I totally hate the 3 piece ones. If they're not tightened properly they'll leak like there's no tomorrow, you then tighten them properly and the threads on the screws will strip as soon as you look at them the wrong way... Butterfly valves are the way to go, definitely.
 
I totally hate the 3 piece ones. If they're not tightened properly they'll leak like there's no tomorrow, you then tighten them properly and the threads on the screws will strip as soon as you look at them the wrong way... Butterfly valves are the way to go, definitely.

I've only taken my 3 piece valve apart a couple of times since replacing my single piece one. I find it tedious but quite simple. If you are tightening with anywhere near enough to strip the threads you are doing something very wrong.

I got the 3 piece valve without knowing about these butterfly valves, if I make a change again I will be getting them.
 
Once in a while. I'm doing a recirculation with hot PBW solution so the insides are quite clean.

I use a counterflow chiller; during the process of brewing I pre-boil the water (LODO technique), and send that boiling water through the CF chiller. That way I'm sanitizing everything even before wort comes into contact with it. Same thing with running the boiling wort through it all--sanitized.

@grampamark 's pic above might motivate me to take things apart, just to see, but as he notes, it's all sanitized by running boiling liquid through it, and I don't have any reason to presume there's accumulated junk in there that wouldn't have been cleaned out by either the PBW or boiling liquids.

So I pulled apart my 3-piece valve to see how things are. I haven't cleaned it....well, in retrospect, ever. I've disassembled other elements of my brew equipment but never that one. So here it is.

It looks like there's crud all over the ball, but that's all reflections. Clean. That's the hot PBW solution through it at the end of every brew day, work the valve a bit, and it's clean.

ballvalve.jpg
 
I'm pretty sure the seals failed on mine which lead to the gunk on the inside.
actually the gunk is from the liquid that sitting in the hole of the ball being allowed to go into the deadspace in the valve once the ball is turned 90degrees to close it. This is also why the valve needs to be opened and closed slowly a number of times to get the pbw soultion in that same deadspace after brewing to flush it out or it becomes nasty.
 
I disassembled all five 2-piece ball valves in my brewery for the first time in three years of service (60ish batches). Only the valve on the mash tun had some, but not a lot, of gunk. The rest were basically spotless.

I always cycle hot PBW for about 10 minutes after every batch, including opening/closing the valves several times. However, I don't do this with the mash tun. It only gets a water rinse. However, I do use my air blower to blow all valves out after use (opening/closing several times). It really gets all water out and I wonder if that is why even the mash tun's valve was so clean.

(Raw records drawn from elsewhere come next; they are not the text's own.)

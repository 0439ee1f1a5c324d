-- ===== src/PrintfToStream/Format/Hex.antt =====
-- `vprintf` of the formats of a dump: a byte, an address, and a character.
use mathlib.Core.List.{append_assoc}
use mathlib.Core.Path.{subst}
use slirp4tinc.Prelude.{
  ℕ, zero, suc, ◌+◌, ◌-◌, ◌/◌, ◌%◌, ◌^◌, ◌≤◌, ◌<◌, ◌≡◌, ◌≢◌, refl, ap, sym, ◌∙◌, false, List, [],
  ◌∷◌, ◌++◌, arith, ◌==◌, leb, Bool-cases, inl, inr, ne→==, ==→eq, eq→==, length, replicate,
  length-append, length-replicate, lt→ltb,
}
use slirp4tinc.Prelude.Run.{ok, ok-injective}
use slirp4tinc.PrintfToStream.{printi, prints, digits, digit_char, magnitude}
use slirp4tinc.PrintfToStream.Padding.{prints_lem, printed-eq}
use slirp4tinc.PrintfToStream.Digits.{read_digits, digits_read, finish_positive, read-zeros}
use slirp4tinc.PrintfToStream.Decimal.{printi-finish}
use slirp4tinc.PrintfToStream.Float.{Doubles}
use slirp4tinc.PrintfToStream.Format.{int_argument, long_argument, sign_extend, vprintf, scr_lem}

-- Two digits and a blank.
abbrev pub byte_text : ℕ → List ℕ
byte_text b = digit_char 97 (b / 16) ∷ digit_char 97 (b % 16) ∷ 32 ∷ []

digits_zero : (space : ℕ) (s : List ℕ) → digits 16 97 space 0 s ≡ ok (space, s)
unfolding digits
digits_zero zero s = refl
digits_zero (suc space) s = refl

digits_one :
    (space u : ℕ) (s : List ℕ)
    → u ≢ 0
    → digits 16 97 (suc space) u s ≡ digits 16 97 space (u / 16) (digit_char 97 (u % 16) ∷ s)
unfolding digits
digits_one space u s other = rw (ne→== u 0 other) refl

low_digits : (b : ℕ) → b ≢ 0 → b < 16 → digits 16 97 21 b [] ≡ ok (20, digit_char 97 b ∷ [])
low_digits b other low =
    digits_one 20 b [] other
    ∙ ap (λ (q : ℕ). digits 16 97 20 q (digit_char 97 (b % 16) ∷ [])) (omega (arith, low))
    ∙ digits_zero 20 (digit_char 97 (b % 16) ∷ [])
    ∙ ap (λ (t : ℕ). ok (20, digit_char 97 t ∷ [])) (omega (arith, low))

high_digits :
    (b : ℕ)
    → 16 ≤ b
    → b < 2 ^ 8
    → digits 16 97 21 b [] ≡ ok (19, digit_char 97 (b / 16) ∷ digit_char 97 (b % 16) ∷ [])
high_digits b high less =
    digits_one 20 b [] (λ e. omega (arith, e, high))
    ∙ digits_one 19 (b / 16) (digit_char 97 (b % 16) ∷ []) (λ e. omega (arith, e, high))
    ∙ ap (λ (q : ℕ). digits 16 97 19 q (digit_char 97 (b / 16 % 16) ∷ digit_char 97 (b % 16) ∷ []))
        (omega (arith, less))
    ∙ digits_zero 19 (digit_char 97 (b / 16 % 16) ∷ digit_char 97 (b % 16) ∷ [])
    ∙ ap (λ (t : ℕ). ok (19, digit_char 97 t ∷ digit_char 97 (b % 16) ∷ [])) (omega (arith, less))

sign_extend_byte : (b : ℕ) → b < 2 ^ 8 → sign_extend b ≡ b
sign_extend_byte b less = ground (arith, less)

unsigned_magnitude : (b : ℕ) → b < 2 ^ 32 → magnitude b false 2 ≡ ok (false, b)
unfolding magnitude
unsigned_magnitude b less = ap (λ (k : ℕ). ok (false, k)) (omega (arith, less))

abbrev IsByteText : ℕ → Type 0
IsByteText b =
    printi b 16 false 2 2 97 ≡ ok (2, digit_char 97 (b / 16) ∷ digit_char 97 (b % 16) ∷ [])

zero_byte : IsByteText 0
unfolding printi prints
zero_byte = refl

low_byte : (b : ℕ) → b ≢ 0 → b < 16 → IsByteText b
unfolding prints
low_byte b other low =
    let first : 0 ≡ b / 16 = omega (arith, low) in
    let second : b ≡ b % 16 = omega (arith, low) in
    printi-finish 16 b b 2 2 20 false false (digit_char 97 b ∷ []) other
      (unsigned_magnitude b (omega (arith, low))) (low_digits b other low)
    ∙ finish_positive 2 2 20 (digit_char 97 b ∷ []) refl
    ∙ ap (λ (t : ℕ). ok (2, digit_char 97 t ∷ digit_char 97 b ∷ [])) first
    ∙ ap (λ (t : ℕ). ok (2, digit_char 97 (b / 16) ∷ digit_char 97 t ∷ [])) second

high_byte : (b : ℕ) → 16 ≤ b → b < 2 ^ 8 → IsByteText b
unfolding prints
high_byte b high less =
    let s = digit_char 97 (b / 16) ∷ digit_char 97 (b % 16) ∷ [] in
    printi-finish 16 b b 2 2 19 false false s (λ e. omega (arith, e, high))
      (unsigned_magnitude b (omega (arith, less))) (high_digits b high less)
    ∙ finish_positive 2 2 19 s refl

printi_byte : (b : ℕ) → b < 2 ^ 8 → IsByteText b
printi_byte b less = elim (Bool-cases (b == 0)) [
  | inl e ↦ subst IsByteText (sym (==→eq b 0 e)) zero_byte
  | inr e ↦ elim (Bool-cases (leb 16 b)) [
    | inl high ↦ high_byte b (ground (arith, high)) less
    | inr low ↦ low_byte b (λ h. absurd (cc (eq→== b 0 h))) (ground (arith, low))
  ]
]

-- Every character is one of 0 to 9 and a to f.
abbrev pub AreHexDigits : List ℕ → Type 0
AreHexDigits [] = Unit
AreHexDigits (c ∷ s) = ((d : ℕ) × (d < 16) × (c ≡ digit_char 97 d)) × AreHexDigits s

digits-AreHexDigits :
    (space u : ℕ) (s t : List ℕ) (left : ℕ)
    → AreHexDigits s
    → digits 16 97 space u s ≡ ok (left, t)
    → AreHexDigits t
unfolding digits
digits-AreHexDigits zero u s t left hex e = elim (Bool-cases (u == 0)) [
  | inl z ↦ subst AreHexDigits (ap (λ (r : ℕ × List ℕ). r.1) (ok-injective (rw z at e))) hex
  | inr z ↦ absurd (let e' = rw z at e in cc)
]
digits-AreHexDigits (suc space) u s t left hex e = elim (Bool-cases (u == 0)) [
  | inl z ↦ subst AreHexDigits (ap (λ (r : ℕ × List ℕ). r.1) (ok-injective (rw z at e))) hex
  | inr z ↦
      digits-AreHexDigits space (u / 16) (digit_char 97 (u % 16) ∷ s) t left
        ((u % 16, omega arith, refl), hex) (rw z at e)
]

zeros-AreHexDigits : (n : ℕ) (s : List ℕ) → AreHexDigits s → AreHexDigits (replicate n 48 ++ s)
zeros-AreHexDigits zero s hex = hex
zeros-AreHexDigits (suc n) s hex = ((0, omega arith, refl), zeros-AreHexDigits n s hex)

-- An address in at least eight hexadecimal digits.
abbrev pub IsAddress : ℕ → List ℕ → Type 0
IsAddress a s = AreHexDigits s × (read_digits 16 97 0 s ≡ a) × (8 ≤ length s) × (length s ≤ 20)

IsAddress-text :
    (a : ℕ) (s : List ℕ)
    → AreHexDigits s
    → read_digits 16 97 0 s ≡ a
    → length s ≤ 20
    → (t : List ℕ) × IsAddress a t × (prints s 8 130 ≡ (length t, t))
IsAddress-text a s hex value short =
    let t = replicate (8 - length s) 48 ++ s in
    let long : length t ≡ 8 - length s + length s =
      length-append (replicate (8 - length s) 48) s
      ∙ omega (arith, length-replicate {A = ℕ} (8 - length s) 48) in
    (
      t,
      (
        zeros-AreHexDigits (8 - length s) s hex,
        read-zeros 16 (8 - length s) s ∙ value,
        omega (arith, long),
        omega (arith, long, short),
      ),
      prints_lem s 8 130 (omega (arith, short)) ∙ printed-eq (ground (arith, long)) refl,
    )

long_magnitude : (a : ℕ) → magnitude a false 130 ≡ ok (false, a)
unfolding magnitude
long_magnitude a = refl

zero_address : printi 0 16 false 8 130 97 ≡ ok (prints (48 ∷ []) 8 130)
unfolding printi
zero_address = refl

printi-IsAddress :
    (a : ℕ)
    → a < 2 ^ 64
    → (t : List ℕ) × IsAddress a t × (printi a 16 false 8 130 97 ≡ ok (length t, t))
printi-IsAddress a less = elim (Bool-cases (a == 0)) [
  | inl e ↦
      let none : a ≡ 0 = ==→eq a 0 e in
      let (t, address, same) =
        IsAddress-text a (48 ∷ []) ((0, omega arith, refl), tt) (sym none) (omega arith) in
      (t, address, ap (λ (v : ℕ). printi v 16 false 8 130 97) none ∙ zero_address ∙ ap ok same)
  | inr e ↦
      let (left, s, same, value, short) = digits_read 16 97 (inr refl) (omega arith) a less in
      let (t, address, shown) =
        IsAddress-text a s (digits-AreHexDigits _ a [] s _ tt same) value short in
      (
        t,
        address,
        printi-finish 16 a a 8 130 (suc left) false false s (λ h. absurd (cc (eq→== a 0 h)))
              (long_magnitude a) same
            ∙ finish_positive 8 130 (suc left) s refl
            ∙ ap ok shown,
      )
]

module _ {D : Type 0} (doubles : Doubles D) where
  -- "%02x "
  pub vprintf_byte :
      (b : ℕ)
      → b < 2 ^ 8
      → vprintf doubles (37 ∷ 48 ∷ 50 ∷ 120 ∷ 32 ∷ []) (int_argument b ∷ []) ≡ ok (3, byte_text b)
  unfolding vprintf
  vprintf_byte b less = rw (sign_extend_byte b less, printi_byte b less) refl

  -- "%08lx: "
  pub vprintf-IsAddress :
      (a : ℕ)
      → a < 2 ^ 64
      → (t : List ℕ) × IsAddress a t
        × (vprintf doubles (37 ∷ 48 ∷ 56 ∷ 108 ∷ 120 ∷ 58 ∷ 32 ∷ []) (long_argument a ∷ [])
            ≡ ok (length t + 2, t ++ 58 ∷ 32 ∷ []))
  unfolding vprintf
  vprintf-IsAddress a less =
      let (t, address, e) = printi-IsAddress a less in
      (
        t,
        address,
        rw
            (
              e,
              lt→ltb (0 + length t) (2 ^ 31) (omega (arith, address.3)),
              lt→ltb (0 + length t + 1) (2 ^ 31) (omega (arith, address.3)),
              lt→ltb (0 + length t + 1 + 1) (2 ^ 31) (omega (arith, address.3)),
            )
            (ap ok (printed-eq (omega (arith, address.3)) (append_assoc t (58 ∷ []) (32 ∷ [])))),
      )

  -- "%c"
  pub vprintf_character :
      (c : ℕ)
      → 0 < c
      → c < 2 ^ 8
      → vprintf doubles (37 ∷ 99 ∷ []) (int_argument c ∷ []) ≡ ok (1, c ∷ [])
  unfolding vprintf prints
  vprintf_character c more less = rw (scr_lem doubles c more less) refl

  -- Texts without a percent sign.
  pub vprintf_blanks : vprintf doubles (32 ∷ 32 ∷ 32 ∷ []) [] ≡ ok (3, 32 ∷ 32 ∷ 32 ∷ [])
  unfolding vprintf
  vprintf_blanks = refl

  pub vprintf_blank : vprintf doubles (32 ∷ []) [] ≡ ok (1, 32 ∷ [])
  unfolding vprintf
  vprintf_blank = refl

  pub vprintf_newline : vprintf doubles (10 ∷ []) [] ≡ ok (1, 10 ∷ [])
  unfolding vprintf
  vprintf_newline = refl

By the way, the blower I use is the Makita DUB182. The nozzle on it fits male camlocks so well, I swear it was made specifically for them. I use it for blowing all remaining water out the CFC as well.
 
They are great valves, and I'm very happy with mine. I take them apart after every brew, and rinse any material that was remaining. they come apart in less than 20 seconds, and are put back together in the same amount of time.